Your assignment :: In the listing below, find the line holding "Agree-Dual_swap p q xs ys neither h = h" and the line holding "-- sends to". Write out those two lines and all lines between, exactly, and nothing more.

Entries provided ::
-- ===== src/P2p/Pairs.antt =====
-- The unbatched requests of two neighbours, side by side.
use megatron_lm.P2p.Requests.{p2p_requests-odd, p2p_requests-even, recvs, requests-total, sends}
use mathlib.Core.List.{append-nil}
use megatron_lm.Prelude.{
  inr, inl, refl, Bool-cases, ◌⊎◌, ne→==, eq→==, ◌==◌, ◌++◌, ◌≢◌, if◌then◌else◌, some, ◌≡◌, ok,
  none, [], List, ℕ, Option, ◌∷◌,
}
use megatron_lm.P2p.{
  irecv, p2p_requests, get_pipeline_model_parallel_next_rank, isend, Buffer, Message,
  get_pipeline_model_parallel_prev_rank, Op, Stage,
}

-- The ops of one side are answered by those of the other, one by one.
abbrev pub Dual : {T : Type 0} → List (Op T) → List (Op T) → Type 0
Dual [] [] = Unit
Dual (isend _ _ ∷ xs) (irecv _ _ ∷ ys) = Dual xs ys
Dual (irecv _ _ ∷ xs) (isend _ _ ∷ ys) = Dual xs ys
Dual _ _ = ⊥

-- What one side sends the other receives, or neither does anything.
pub data Agree {T : Type 0} : Option (Message T) → Option Buffer → Type 0 where
  neither : Agree none none
  both : {message : Message T} {buffer : Buffer} → Agree (some message) (some buffer)

-- The ops with one peer, in order.
pub toward : {T : Type 0} → ℕ → List (Op T) → List (Op T)
toward peer [] = []
toward peer (isend message rank ∷ ops) =
    let rest = toward peer ops in if rank == peer then isend message rank ∷ rest else rest
toward peer (irecv buffer rank ∷ ops) =
    let rest = toward peer ops in if rank == peer then irecv buffer rank ∷ rest else rest

module _ {T : Type 0} where
  toward-append :
      (peer : ℕ) (xs ys : List (Op T)) → toward peer (xs ++ ys) ≡ toward peer xs ++ toward peer ys
  unfolding toward
  toward-append peer [] ys = refl
  toward-append peer (isend m rank ∷ xs) ys = elim (Bool-cases (rank == peer)) [
    | inl here ↦ rw (here, toward-append peer xs ys) refl
    | inr elsewhere ↦ rw (elsewhere, toward-append peer xs ys) refl
  ]
  toward-append peer (irecv b rank ∷ xs) ys = elim (Bool-cases (rank == peer)) [
    | inl here ↦ rw (here, toward-append peer xs ys) refl
    | inr elsewhere ↦ rw (elsewhere, toward-append peer xs ys) refl
  ]

  sends-here : (m : Option (Message T)) (p : ℕ) → toward p (sends m p) ≡ sends m p
  unfolding toward
  sends-here none p = refl
  sends-here (some m) p = rw (eq→== p p refl) refl

  recvs-here : (b : Option Buffer) (p : ℕ) → toward p (recvs {T = T} b p) ≡ recvs b p
  unfolding toward
  recvs-here none p = refl
  recvs-here (some b) p = rw (eq→== p p refl) refl

  sends-elsewhere : (m : Option (Message T)) (p q : ℕ) → p ≢ q → toward q (sends m p) ≡ []
  unfolding toward
  sends-elsewhere none p q h = refl
  sends-elsewhere (some m) p q h = rw (ne→== p q h) refl

  recvs-elsewhere : (b : Option Buffer) (p q : ℕ) → p ≢ q → toward q (recvs {T = T} b p) ≡ []
  unfolding toward
  recvs-elsewhere none p q h = refl
  recvs-elsewhere (some b) p q h = rw (ne→== p q h) refl

  toward_next :
      (p q : ℕ) (sp : Option (Message T)) (rp : Option Buffer) (sn : Option (Message T))
      (rn : Option Buffer) (ops : List (Op T))
      → p ≢ q
      → (ops ≡ sends sn q ++ (recvs rp p ++ (sends sp p ++ recvs rn q)))
        ⊎ (ops ≡ recvs rp p ++ (sends sn q ++ (recvs rn q ++ sends sp p)))
      → toward q ops ≡ sends sn q ++ recvs rn q
  toward_next p q sp rp sn rn ops differ (inl e) = simp (
    e,
    toward-append,
    sends-here,
    recvs-here,
    sends-elsewhere sp p q differ,
    recvs-elsewhere rp p q differ,
  )
  toward_next p q sp rp sn rn ops differ (inr e) = simp (
    e,
    toward-append,
    sends-here,
    recvs-here,
    sends-elsewhere sp p q differ,
    recvs-elsewhere rp p q differ,
    append-nil,
  )

  toward_previous :
      (p q : ℕ) (sp : Option (Message T)) (rp : Option Buffer) (sn : Option (Message T))
      (rn : Option Buffer) (ops : List (Op T))
      → q ≢ p
      → (ops ≡ sends sn q ++ (recvs rp p ++ (sends sp p ++ recvs rn q)))
        ⊎ (ops ≡ recvs rp p ++ (sends sn q ++ (recvs rn q ++ sends sp p)))
      → toward p ops ≡ recvs rp p ++ sends sp p
  toward_previous p q sp rp sn rn ops differ (inl e) = simp (
    e,
    toward-append,
    sends-here,
    recvs-here,
    sends-elsewhere sn q p differ,
    recvs-elsewhere rn q p differ,
    append-nil,
  )
  toward_previous p q sp rp sn rn ops differ (inr e) = simp (
    e,
    toward-append,
    sends-here,
    recvs-here,
    sends-elsewhere sn q p differ,
    recvs-elsewhere rn q p differ,
  )

  Agree-Dual :
      {m : Option (Message T)} {b : Option Buffer} (p q : ℕ) (xs ys : List (Op T))
      → Agree m b
      → Dual xs ys
      → Dual (sends m p ++ xs) (recvs b q ++ ys)
  Agree-Dual p q xs ys neither h = h
  Agree-Dual p q xs ys both h = h

  Agree-Dual_swap :
      {m : Option (Message T)} {b : Option Buffer} (p q : ℕ) (xs ys : List (Op T))
      → Agree m b
      → Dual xs ys
      → Dual (recvs b q ++ xs) (sends m p ++ ys)
  Agree-Dual_swap p q xs ys neither h = h
  Agree-Dual_swap p q xs ys both h = h

  Agree-Dual_last :
      {m : Option (Message T)} {b : Option Buffer} (p q : ℕ)
      → Agree m b
      → Dual (recvs b q) (sends m p)
  Agree-Dual_last p q neither = tt
  Agree-Dual_last p q both = tt

  module _ (a b : Stage) (here there before beyond : ℕ) (sp sn sp' sn' : Option (Message T))
      (rp rn rp' rn' : Option Buffer) where
    -- On two neighbours of a pipeline, each with its two neighbours on different ranks, if what one
    -- sends to the other is what that one receives, `_p2p_ops` makes the requests of the pair on
    -- both sides in an order in which the i-th request of one is a send where the i-th of the other
    -- is a receive, whatever the parities of their ranks.
    pub neighbours-Dual :
        get_pipeline_model_parallel_next_rank a ≡ ok there
        → get_pipeline_model_parallel_prev_rank a ≡ ok before
        → get_pipeline_model_parallel_prev_rank b ≡ ok here
        → get_pipeline_model_parallel_next_rank b ≡ ok beyond
        → before ≢ there
        → beyond ≢ here
        → Agree sn rp'
        → Agree sp' rn
        → (xs ys : List (Op T)) × (p2p_requests a sp rp sn rn ≡ ok xs)
          × (p2p_requests b sp' rp' sn' rn' ≡ ok ys)
          × Dual (toward there xs) (toward here ys)
    neighbours-Dual na pa pb nb differ differ' forward_agrees backward_agrees =
        let (xs, e, shape) = requests-total a before there pa na sp rp sn rn in
        let (ys, e', shape') = requests-total b here beyond pb nb sp' rp' sn' rn' in
        (
          xs,
          ys,
          e,
          e',
          rw
              (
                toward_next before there sp rp sn rn xs differ shape,
                toward_previous here beyond sp' rp' sn' rn' ys differ' shape',
              )
              (Agree-Dual there here (recvs rn there) (sends sp' here) forward_agrees
                (Agree-Dual_last here there backward_agrees)),
        )

    -- In a pipeline of two stages, where each is the previous and the next neighbour of the other,
    -- if what one sends on each side is what the other receives there, all the requests of
    -- `_p2p_ops` on the two stages meet in order, each send with a receive.
    pub two_stages-Dual :
        get_pipeline_model_parallel_next_rank a ≡ ok there
        → get_pipeline_model_parallel_prev_rank a ≡ ok there
        → get_pipeline_model_parallel_prev_rank b ≡ ok here
        → get_pipeline_model_parallel_next_rank b ≡ ok here
        → a.rank ≡ 0
        → b.rank ≡ 1
        → Agree sn rp'
        → Agree sn' rp
        → Agree sp rn'
        → Agree sp' rn
        → (xs ys : List (Op T)) × (p2p_requests a sp rp sn rn ≡ ok xs)
          × (p2p_requests b sp' rp' sn' rn' ≡ ok ys)
          × Dual xs ys
    two_stages-Dual na pa pb nb first second h1 h2 h3 h4 = (
      sends sn there ++ (recvs rp there ++ (sends sp there ++ recvs rn there)),
      recvs rp' here ++ (sends sn' here ++ (recvs rn' here ++ sends sp' here)),
      p2p_requests-even a there there pa na sp rp sn rn (rw first refl),
      p2p_requests-odd b here here pb nb sp' rp' sn' rn' (rw second refl),
      Agree-Dual there here (recvs rp there ++ (sends sp there ++ recvs rn there))
          (sends sn' here ++ (recvs rn' here ++ sends sp' here)) h1
          (Agree-Dual_swap here there (sends sp there ++ recvs rn there)
            (recvs rn' here ++ sends sp' here) h2
            (Agree-Dual there here (recvs rn there) (sends sp' here) h3
              (Agree-Dual_last here there h4))),
    )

Exercise response ::
  Agree-Dual_swap p q xs ys neither h = h
  Agree-Dual_swap p q xs ys both h = h

  Agree-Dual_last :
      {m : Option (Message T)} {b : Option Buffer} (p q : ℕ)
      → Agree m b
      → Dual (recvs b q) (sends m p)
  Agree-Dual_last p q neither = tt
  Agree-Dual_last p q both = tt

  module _ (a b : Stage) (here there before beyond : ℕ) (sp sn sp' sn' : Option (Message T))
      (rp rn rp' rn' : Option Buffer) where
    -- On two neighbours of a pipeline, each with its two neighbours on different ranks, if what one
    -- sends to the other is what that one receives, `_p2p_ops` makes the requests of the pair on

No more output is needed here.